Work to complete:
Word for word, set down every line of the entries below from the line with "width_lem = ground (arith, len64-le value)" to the line with "(verdict (unsigned op", including both, and no other line.

Dataset:
━━━

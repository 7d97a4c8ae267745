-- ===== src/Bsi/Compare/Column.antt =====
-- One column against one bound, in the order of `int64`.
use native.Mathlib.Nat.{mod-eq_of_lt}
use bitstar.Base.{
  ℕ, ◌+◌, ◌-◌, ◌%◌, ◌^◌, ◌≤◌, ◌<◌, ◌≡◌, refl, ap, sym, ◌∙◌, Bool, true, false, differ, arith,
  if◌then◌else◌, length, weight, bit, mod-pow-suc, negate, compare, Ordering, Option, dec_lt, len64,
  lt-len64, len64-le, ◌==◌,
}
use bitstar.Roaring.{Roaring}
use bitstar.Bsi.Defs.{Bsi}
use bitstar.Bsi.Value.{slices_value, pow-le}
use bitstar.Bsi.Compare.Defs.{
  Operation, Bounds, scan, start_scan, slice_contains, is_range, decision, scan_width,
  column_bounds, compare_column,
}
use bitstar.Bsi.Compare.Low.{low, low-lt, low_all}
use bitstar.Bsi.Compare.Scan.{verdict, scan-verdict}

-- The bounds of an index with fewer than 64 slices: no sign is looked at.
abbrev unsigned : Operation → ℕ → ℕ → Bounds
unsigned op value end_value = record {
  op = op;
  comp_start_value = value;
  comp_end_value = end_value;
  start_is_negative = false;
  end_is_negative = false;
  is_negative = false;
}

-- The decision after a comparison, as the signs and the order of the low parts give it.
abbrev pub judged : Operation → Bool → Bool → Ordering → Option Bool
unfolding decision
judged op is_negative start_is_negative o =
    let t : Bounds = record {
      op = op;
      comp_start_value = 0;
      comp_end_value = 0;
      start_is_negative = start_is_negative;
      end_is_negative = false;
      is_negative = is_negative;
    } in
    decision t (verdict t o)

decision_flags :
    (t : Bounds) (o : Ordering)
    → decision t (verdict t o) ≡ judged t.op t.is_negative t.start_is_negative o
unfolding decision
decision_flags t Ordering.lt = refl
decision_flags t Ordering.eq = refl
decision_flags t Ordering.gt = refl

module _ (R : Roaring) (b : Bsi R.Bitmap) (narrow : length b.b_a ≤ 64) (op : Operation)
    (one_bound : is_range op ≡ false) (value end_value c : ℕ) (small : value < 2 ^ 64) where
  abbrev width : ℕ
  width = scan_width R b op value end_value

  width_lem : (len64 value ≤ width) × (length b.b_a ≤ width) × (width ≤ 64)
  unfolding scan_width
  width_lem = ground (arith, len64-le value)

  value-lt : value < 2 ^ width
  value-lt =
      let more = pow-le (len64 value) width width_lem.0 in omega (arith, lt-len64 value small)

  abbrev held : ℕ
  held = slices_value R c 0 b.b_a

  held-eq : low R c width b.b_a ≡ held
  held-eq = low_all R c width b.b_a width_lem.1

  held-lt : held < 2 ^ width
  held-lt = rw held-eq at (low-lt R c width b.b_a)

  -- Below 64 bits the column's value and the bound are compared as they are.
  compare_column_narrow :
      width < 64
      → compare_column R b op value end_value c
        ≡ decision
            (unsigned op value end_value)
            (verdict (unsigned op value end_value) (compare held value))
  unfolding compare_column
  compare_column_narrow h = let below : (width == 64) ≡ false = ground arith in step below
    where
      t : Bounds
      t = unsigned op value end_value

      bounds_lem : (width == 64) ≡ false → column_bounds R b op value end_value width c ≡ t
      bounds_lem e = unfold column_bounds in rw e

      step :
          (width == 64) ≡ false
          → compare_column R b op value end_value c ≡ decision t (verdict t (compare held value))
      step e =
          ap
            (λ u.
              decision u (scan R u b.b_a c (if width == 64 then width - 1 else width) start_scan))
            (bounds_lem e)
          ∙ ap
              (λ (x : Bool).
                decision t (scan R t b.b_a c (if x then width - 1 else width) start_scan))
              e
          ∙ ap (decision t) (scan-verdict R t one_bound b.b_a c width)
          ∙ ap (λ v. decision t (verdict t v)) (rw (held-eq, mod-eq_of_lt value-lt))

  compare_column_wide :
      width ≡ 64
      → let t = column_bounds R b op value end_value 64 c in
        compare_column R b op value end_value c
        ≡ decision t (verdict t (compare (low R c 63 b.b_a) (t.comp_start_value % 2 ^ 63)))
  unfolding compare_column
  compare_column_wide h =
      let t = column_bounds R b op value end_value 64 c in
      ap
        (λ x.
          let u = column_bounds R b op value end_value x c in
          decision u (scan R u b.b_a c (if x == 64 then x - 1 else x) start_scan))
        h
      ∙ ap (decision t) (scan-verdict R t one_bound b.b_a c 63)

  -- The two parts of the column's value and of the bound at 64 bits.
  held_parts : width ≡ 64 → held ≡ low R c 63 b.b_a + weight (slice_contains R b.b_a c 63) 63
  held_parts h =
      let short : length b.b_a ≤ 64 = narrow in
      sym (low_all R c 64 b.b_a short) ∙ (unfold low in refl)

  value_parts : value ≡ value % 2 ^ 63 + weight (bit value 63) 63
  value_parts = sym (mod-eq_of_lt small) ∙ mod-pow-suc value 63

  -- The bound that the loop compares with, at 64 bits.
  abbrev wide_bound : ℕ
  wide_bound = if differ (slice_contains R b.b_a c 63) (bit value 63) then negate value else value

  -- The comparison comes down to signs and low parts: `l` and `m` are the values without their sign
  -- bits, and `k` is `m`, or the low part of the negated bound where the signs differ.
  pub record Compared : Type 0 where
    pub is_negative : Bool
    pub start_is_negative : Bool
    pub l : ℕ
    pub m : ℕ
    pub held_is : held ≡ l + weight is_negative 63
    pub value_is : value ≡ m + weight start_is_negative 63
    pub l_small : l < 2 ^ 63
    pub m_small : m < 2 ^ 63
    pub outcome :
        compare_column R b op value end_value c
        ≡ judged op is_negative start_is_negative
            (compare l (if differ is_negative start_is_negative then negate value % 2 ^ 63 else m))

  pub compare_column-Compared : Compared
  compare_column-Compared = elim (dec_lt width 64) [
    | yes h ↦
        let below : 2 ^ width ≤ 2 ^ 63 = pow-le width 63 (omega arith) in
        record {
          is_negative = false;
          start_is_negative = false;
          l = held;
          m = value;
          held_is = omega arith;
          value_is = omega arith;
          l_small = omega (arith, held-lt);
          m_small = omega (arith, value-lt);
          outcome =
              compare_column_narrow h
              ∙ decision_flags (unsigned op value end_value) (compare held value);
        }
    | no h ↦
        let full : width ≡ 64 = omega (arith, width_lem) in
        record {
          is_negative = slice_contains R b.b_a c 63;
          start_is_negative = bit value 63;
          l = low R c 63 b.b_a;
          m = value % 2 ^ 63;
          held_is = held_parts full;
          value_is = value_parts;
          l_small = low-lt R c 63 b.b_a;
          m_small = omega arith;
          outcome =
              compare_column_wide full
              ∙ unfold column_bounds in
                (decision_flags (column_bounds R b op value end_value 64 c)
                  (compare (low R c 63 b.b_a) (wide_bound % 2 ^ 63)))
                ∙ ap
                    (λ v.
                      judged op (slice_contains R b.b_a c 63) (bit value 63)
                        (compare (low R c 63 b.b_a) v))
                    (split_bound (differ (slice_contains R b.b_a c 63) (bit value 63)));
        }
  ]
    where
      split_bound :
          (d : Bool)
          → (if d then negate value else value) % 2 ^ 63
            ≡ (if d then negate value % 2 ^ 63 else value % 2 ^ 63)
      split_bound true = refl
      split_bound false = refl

━━━

Expected output:
  width_lem = ground (arith, len64-le value)

  value-lt : value < 2 ^ width
  value-lt =
      let more = pow-le (len64 value) width width_lem.0 in omega (arith, lt-len64 value small)

  abbrev held : ℕ
  held = slices_value R c 0 b.b_a

  held-eq : low R c width b.b_a ≡ held
  held-eq = low_all R c width b.b_a width_lem.1

  held-lt : held < 2 ^ width
  held-lt = rw held-eq at (low-lt R c width b.b_a)

  -- Below 64 bits the column's value and the bound are compared as they are.
  compare_column_narrow :
      width < 64
      → compare_column R b op value end_value c
        ≡ decision
            (unsigned op value end_value)
            (verdict (unsigned op value end_value) (compare held value))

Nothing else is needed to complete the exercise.